# Flounder Fillets in the #360 Air Fryer



## Bearcarver (Nov 25, 2020)

*Flounder Fillets in the #360 Air Fryer*​


I was about due for some Fish, so I got some Flounder Fillets from Giant.
I never saw such thin sliced Flounder Fillets in my life, but I didn’t think it would be a problem.
So I got my Combination Dishwasher/Breading Machine out, to put a nice coat on these Flounder slabs.
Then I set my #360 @ 400° for 30 minutes, knowing it would take less than 30 minutes.
So I checked at 20 minutes, which was already too long, I guess because they were so thin.
I think next time I do some of these, I’ll just Pan Fry them in a little Butter, if they’re as thin as these were.
I Added some Parmesan Potato Stacks, to my plate, compliments of Good Old Mrs Bear.
Then I almost forgot to put a small pile of “Kraft Sandwich Spread” on my plate, for dipping my fish in.

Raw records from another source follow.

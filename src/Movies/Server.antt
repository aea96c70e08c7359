-- ===== src/Movies/Server.antt =====
-- hw4_simple-movies-recommendation-system-lala-ju/server.c, built with THREAD: `main` from the two inputs to
-- the files it writes, with `wr`. The threads of different requests work on arrays of their own, and run here
-- one after the other.
mod Tests
use mathlib.Core.Bool.{not}
use mathlib.Core.List.{Perm, map}
use system_programming_homew.Prelude.{
  ℕ, suc, ◌+◌, ◌^◌, ◌≡◌, ◌≢◌, ◌<◌, Bool, true, false, ◌&&◌, ◌||◌, if◌then◌else◌, List, [], ◌∷◌,
  ◌++◌, Option, none, some, length,
}
use system_programming_homew.Prelude.Int.{ℤ, pos, negsuc, leb_ℤ}
use system_programming_homew.Movies.Entry.{Entry}
use system_programming_homew.Movies.Select.{◌>>=◌, secret}
use system_programming_homew.Movies.Merge.Order.{IsRanked}
use system_programming_homew.Movies.Search.{MovieProfile, cal, answer}
use system_programming_homew.Movies.Search.Sorting.{IsGood}
use system_programming_homew.Movies.Input.{
  Doubles, Request, products, score, initialize, initialize_requests,
}
use system_programming_homew.Movies.Input.Numerals.{numeral}
use system_programming_homew.Movies.Input.Fields.{profile_of}
use system_programming_homew.Movies.Input.File as File
use system_programming_homew.Movies.Input.Requests as Requests

-- `%d`, and the name of a request's file.
abbrev print_int : ℤ → List ℕ
print_int (pos n) = numeral n
print_int (negsuc n) = b'-' ∷ numeral (n + 1)

abbrev pub filename : ℤ → List ℕ
filename id = print_int id ++ b't' ∷ b'.' ∷ b'o' ∷ b'u' ∷ b't' ∷ []

unfoldable pub names : List Entry → List ℕ
names [] = []
names (e ∷ es) = e.name ++ 10 ∷ names es

module _ (d : Doubles) where
  -- The name and the text of the file that `wr` writes.
  abbrev pub wr : Request d → List Entry → List ℕ × List ℕ
  wr r found = (filename r.id, names found)

  unfoldable pub serve_all :
      List (ℤ × MovieProfile (List d.Double)) → List (Request d) → Option (List (List ℕ × List ℕ))
  unfolding answer names
  serve_all movies [] = some []
  serve_all movies (r ∷ rs) = do
    found ← answer (score d r) r.keywords (map (λ m. m.1) movies)
    files ← serve_all movies rs
    some (wr r found ∷ files)

  -- Whether no two requests have one id, and so one file.
  abbrev same_id : ℤ → ℤ → Bool
  same_id i j = leb_ℤ i j && leb_ℤ j i

  abbrev has_id : ℤ → List (Request d) → Bool
  has_id i [] = false
  has_id i (r ∷ rs) = same_id i r.id || has_id i rs

  abbrev pub apart : List (Request d) → Bool
  apart [] = true
  apart (r ∷ rs) = not (has_id r.id rs) && apart rs

  -- `main`, from the bytes of the two inputs to the files. Two threads that open one file with `w+` and
  -- write it at the same time have no outcome here.
  unfoldable pub tserver : List ℕ → List ℕ → Option (List (List ℕ × List ℕ))
  unfolding initialize initialize_requests serve_all
  tserver file input = do
    movies ← initialize d file
    reqs ← initialize_requests d input
    if apart reqs then serve_all movies reqs else none

  -- The movies that a query finds, with their scores.
  abbrev pub found_by : List File.Listing → Requests.Query → List Entry
  found_by ms q =
      cal (score d (Requests.request_of d q)) q.keywords (map (λ m. m.1) (map (File.movie_of d) ms))

  -- One file per query: all the movies found, in order.
  abbrev pub AllServed : List File.Listing → List Requests.Query → List (List ℕ × List ℕ) → Type 0
  AllServed ms [] [] = Unit {0}
  AllServed ms [] (f ∷ fs) = ⊥
  AllServed ms (q ∷ qs) [] = ⊥
  AllServed ms (q ∷ qs) (f ∷ fs) =
      ((out : List Entry) × (f ≡ (filename (pos q.id), names out))
        × IsRanked out
        × Perm out (map secret (found_by ms q)))
      × AllServed ms qs fs

  -- The sums of products of a query are neither infinite nor NaN.
  abbrev pub AllFinite : List File.Listing → Requests.Query → Type 0
  AllFinite [] q = Unit {0}
  AllFinite (m ∷ ms) q =
      (d.is_finite (products d d.nought (profile_of d q.genres) (profile_of d m.genres)) ≡ true)
      × AllFinite ms q

  -- Each query finds some movie, and can sort what it finds.
  abbrev pub AllFind : List File.Listing → List Requests.Query → Type 0
  AllFind ms [] = Unit {0}
  AllFind ms (q ∷ qs) =
      (0 < length (found_by ms q)) × IsGood (found_by ms q) × AllFinite ms q × AllFind ms qs

  -- No query has the id of another.
  abbrev pub IsOther : ℕ → List Requests.Query → Type 0
  IsOther i [] = Unit {0}
  IsOther i (q ∷ qs) = (i ≢ q.id) × IsOther i qs

  abbrev pub AllApart : List Requests.Query → Type 0
  AllApart [] = Unit {0}
  AllApart (q ∷ qs) = IsOther q.id qs × AllApart qs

Thanks for stopping by, Guys!!

Bear



Three Flounder Fillets (Very Thin) rinsed & Dried:







Breaded:






Seasoned with "Cajun" seasoning from Penzeys:






All Done!!   Parmesan Potato Stacks in back:






Plated Flounder Fillets & Parmesan Potato Stacks:






And don't forget the Kraft Sandwich Spread for Tartar Sauce use:


----------



## MJB05615 (Nov 25, 2020)

Looks good Bear.  Those Potato Stacks look real good too.  Are those made in the Air Fryer as well?  Stay safe.


----------



## Sowsage (Nov 25, 2020)

Looks great bear!! I love Cajun seasoning on fish. Once again the Air fryer did a fantastic job. Not to mention that awesome breading machine you have kept around for so many years! Nice meal!!


----------



## sawhorseray (Nov 25, 2020)

That's a fine lookin' meal John, Like! I'm down with pan frying them in butter, I just got some pacific cod fillets and did them that way, melts in your mouth! RAY


----------



## normanaj (Nov 25, 2020)

I do a LOT of flounder in the airfryer.its the #1 fish I do in it.It doesn't take long in it,10 to  12mins max.

One thing I've found with thin fillets such as those is that they fair better in the airfryer when battered as opposed to dry breading.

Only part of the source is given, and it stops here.